Content starts

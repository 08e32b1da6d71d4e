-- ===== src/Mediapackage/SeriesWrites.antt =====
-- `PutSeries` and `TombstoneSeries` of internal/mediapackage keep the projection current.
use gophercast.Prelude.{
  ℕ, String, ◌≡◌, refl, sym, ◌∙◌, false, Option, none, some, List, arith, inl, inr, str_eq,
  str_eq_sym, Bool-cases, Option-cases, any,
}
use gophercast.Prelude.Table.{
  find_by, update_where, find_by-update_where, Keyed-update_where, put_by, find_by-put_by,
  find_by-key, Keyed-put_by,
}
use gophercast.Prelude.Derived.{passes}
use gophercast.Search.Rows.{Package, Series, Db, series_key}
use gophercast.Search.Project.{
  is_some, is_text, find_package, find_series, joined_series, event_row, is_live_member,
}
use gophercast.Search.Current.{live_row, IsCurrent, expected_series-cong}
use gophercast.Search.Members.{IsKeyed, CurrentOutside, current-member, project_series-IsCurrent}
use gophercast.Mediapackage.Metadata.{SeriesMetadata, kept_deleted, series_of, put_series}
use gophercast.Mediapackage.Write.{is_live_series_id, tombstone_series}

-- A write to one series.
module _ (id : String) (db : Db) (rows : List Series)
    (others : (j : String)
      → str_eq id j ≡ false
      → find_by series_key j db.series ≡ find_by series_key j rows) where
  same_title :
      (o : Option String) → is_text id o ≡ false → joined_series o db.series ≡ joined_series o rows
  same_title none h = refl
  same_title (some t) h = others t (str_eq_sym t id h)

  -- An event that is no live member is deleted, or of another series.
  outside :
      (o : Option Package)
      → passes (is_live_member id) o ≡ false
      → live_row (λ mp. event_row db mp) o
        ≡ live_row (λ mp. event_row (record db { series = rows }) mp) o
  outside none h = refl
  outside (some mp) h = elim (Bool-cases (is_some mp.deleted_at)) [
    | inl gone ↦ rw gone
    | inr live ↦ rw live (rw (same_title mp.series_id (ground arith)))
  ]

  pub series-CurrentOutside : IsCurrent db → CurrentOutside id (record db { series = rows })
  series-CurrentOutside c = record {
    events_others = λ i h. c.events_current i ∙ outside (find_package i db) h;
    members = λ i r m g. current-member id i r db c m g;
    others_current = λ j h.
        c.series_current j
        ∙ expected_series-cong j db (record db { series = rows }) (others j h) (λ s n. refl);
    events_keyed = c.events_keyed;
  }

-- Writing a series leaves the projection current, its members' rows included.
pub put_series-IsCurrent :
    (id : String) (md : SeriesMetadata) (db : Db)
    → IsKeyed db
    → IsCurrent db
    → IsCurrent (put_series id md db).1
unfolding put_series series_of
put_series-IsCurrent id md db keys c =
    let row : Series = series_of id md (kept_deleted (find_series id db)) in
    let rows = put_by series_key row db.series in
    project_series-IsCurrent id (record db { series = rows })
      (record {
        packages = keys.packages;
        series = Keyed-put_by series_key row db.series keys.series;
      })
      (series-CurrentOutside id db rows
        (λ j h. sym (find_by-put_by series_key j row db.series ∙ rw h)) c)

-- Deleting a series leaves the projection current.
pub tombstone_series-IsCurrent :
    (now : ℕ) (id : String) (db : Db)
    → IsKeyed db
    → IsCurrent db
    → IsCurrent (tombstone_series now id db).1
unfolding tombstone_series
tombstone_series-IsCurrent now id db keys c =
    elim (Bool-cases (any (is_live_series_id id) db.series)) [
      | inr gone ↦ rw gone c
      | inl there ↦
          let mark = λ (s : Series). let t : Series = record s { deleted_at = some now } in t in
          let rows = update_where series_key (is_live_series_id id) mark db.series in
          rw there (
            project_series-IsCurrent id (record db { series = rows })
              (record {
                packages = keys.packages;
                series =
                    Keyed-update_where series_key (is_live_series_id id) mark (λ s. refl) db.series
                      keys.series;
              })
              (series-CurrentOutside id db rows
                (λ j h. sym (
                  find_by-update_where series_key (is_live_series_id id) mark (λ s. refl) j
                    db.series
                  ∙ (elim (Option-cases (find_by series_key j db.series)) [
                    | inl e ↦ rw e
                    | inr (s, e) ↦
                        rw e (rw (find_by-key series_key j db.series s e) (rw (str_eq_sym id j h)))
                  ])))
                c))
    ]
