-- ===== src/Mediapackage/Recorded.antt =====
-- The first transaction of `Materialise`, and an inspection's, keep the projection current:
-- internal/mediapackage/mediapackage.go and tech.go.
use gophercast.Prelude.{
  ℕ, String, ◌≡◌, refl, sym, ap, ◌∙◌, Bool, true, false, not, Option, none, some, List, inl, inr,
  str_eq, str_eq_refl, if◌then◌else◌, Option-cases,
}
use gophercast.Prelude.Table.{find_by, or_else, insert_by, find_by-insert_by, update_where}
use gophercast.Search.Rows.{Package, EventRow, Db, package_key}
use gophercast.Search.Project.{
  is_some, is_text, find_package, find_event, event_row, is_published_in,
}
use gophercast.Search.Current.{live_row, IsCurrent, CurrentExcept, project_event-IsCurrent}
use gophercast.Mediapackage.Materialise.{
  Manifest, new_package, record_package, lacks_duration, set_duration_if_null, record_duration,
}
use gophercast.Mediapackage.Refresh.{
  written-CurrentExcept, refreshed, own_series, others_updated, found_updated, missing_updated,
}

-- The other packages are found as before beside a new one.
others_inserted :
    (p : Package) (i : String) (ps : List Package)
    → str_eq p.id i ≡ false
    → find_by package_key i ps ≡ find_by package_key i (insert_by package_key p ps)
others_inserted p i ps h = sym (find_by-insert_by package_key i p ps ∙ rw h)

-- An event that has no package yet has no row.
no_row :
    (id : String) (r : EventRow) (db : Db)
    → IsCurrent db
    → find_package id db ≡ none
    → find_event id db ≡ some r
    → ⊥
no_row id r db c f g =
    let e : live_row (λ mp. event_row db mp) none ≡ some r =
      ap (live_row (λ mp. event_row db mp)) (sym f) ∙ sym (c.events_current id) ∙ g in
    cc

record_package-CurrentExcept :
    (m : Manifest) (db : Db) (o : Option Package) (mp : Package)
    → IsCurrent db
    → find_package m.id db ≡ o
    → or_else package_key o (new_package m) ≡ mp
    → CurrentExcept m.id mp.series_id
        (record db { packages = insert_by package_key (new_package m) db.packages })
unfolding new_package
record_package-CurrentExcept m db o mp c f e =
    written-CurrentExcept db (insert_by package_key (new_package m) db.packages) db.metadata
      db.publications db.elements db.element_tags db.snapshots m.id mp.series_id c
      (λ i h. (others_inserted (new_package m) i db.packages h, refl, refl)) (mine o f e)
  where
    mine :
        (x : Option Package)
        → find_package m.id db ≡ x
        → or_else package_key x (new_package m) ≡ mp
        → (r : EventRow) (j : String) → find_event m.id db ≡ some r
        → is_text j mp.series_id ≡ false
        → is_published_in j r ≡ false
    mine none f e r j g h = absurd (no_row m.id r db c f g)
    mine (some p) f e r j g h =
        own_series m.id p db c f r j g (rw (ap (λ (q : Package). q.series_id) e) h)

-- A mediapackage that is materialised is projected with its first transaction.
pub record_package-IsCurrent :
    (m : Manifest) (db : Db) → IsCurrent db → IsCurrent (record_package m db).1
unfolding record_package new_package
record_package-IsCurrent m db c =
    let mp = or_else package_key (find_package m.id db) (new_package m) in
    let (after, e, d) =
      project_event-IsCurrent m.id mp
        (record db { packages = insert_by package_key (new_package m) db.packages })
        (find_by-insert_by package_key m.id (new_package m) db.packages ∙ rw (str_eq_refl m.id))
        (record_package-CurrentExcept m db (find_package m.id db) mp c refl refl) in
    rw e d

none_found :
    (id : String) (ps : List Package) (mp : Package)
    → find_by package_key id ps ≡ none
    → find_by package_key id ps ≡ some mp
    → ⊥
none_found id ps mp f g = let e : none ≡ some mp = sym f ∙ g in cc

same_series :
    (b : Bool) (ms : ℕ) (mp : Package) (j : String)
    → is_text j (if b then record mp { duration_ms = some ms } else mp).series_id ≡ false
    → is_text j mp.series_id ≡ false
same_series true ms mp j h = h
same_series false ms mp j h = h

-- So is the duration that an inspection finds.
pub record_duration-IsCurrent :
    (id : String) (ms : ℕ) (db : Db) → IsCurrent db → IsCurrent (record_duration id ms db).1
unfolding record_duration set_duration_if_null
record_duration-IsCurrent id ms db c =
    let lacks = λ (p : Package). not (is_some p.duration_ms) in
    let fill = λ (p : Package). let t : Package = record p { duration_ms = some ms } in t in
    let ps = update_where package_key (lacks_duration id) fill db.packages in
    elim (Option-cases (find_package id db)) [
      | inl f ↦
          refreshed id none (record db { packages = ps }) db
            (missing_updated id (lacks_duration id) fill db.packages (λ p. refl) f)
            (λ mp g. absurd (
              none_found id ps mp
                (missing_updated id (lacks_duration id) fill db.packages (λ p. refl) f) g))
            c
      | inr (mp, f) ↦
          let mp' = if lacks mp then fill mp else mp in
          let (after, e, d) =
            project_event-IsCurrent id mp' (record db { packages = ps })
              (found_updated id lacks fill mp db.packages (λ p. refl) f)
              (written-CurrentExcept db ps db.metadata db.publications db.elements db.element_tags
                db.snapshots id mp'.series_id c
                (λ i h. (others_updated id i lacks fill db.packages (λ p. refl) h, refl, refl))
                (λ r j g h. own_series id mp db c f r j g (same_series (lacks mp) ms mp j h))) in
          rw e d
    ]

Content ends

| Exercise goal |
Can you repeat, word for word, every line above from the one containing "let ps = update_where" down to the one containing "(λ i h. (others_updated", including both?

| Response to this exercise |
    let ps = update_where package_key (lacks_duration id) fill db.packages in
    elim (Option-cases (find_package id db)) [
      | inl f ↦
          refreshed id none (record db { packages = ps }) db
            (missing_updated id (lacks_duration id) fill db.packages (λ p. refl) f)
            (λ mp g. absurd (
              none_found id ps mp
                (missing_updated id (lacks_duration id) fill db.packages (λ p. refl) f) g))
            c
      | inr (mp, f) ↦
          let mp' = if lacks mp then fill mp else mp in
          let (after, e, d) =
            project_event-IsCurrent id mp' (record db { packages = ps })
              (found_updated id lacks fill mp db.packages (λ p. refl) f)
              (written-CurrentExcept db ps db.metadata db.publications db.elements db.element_tags
                db.snapshots id mp'.series_id c
                (λ i h. (others_updated id i lacks fill db.packages (λ p. refl) h, refl, refl))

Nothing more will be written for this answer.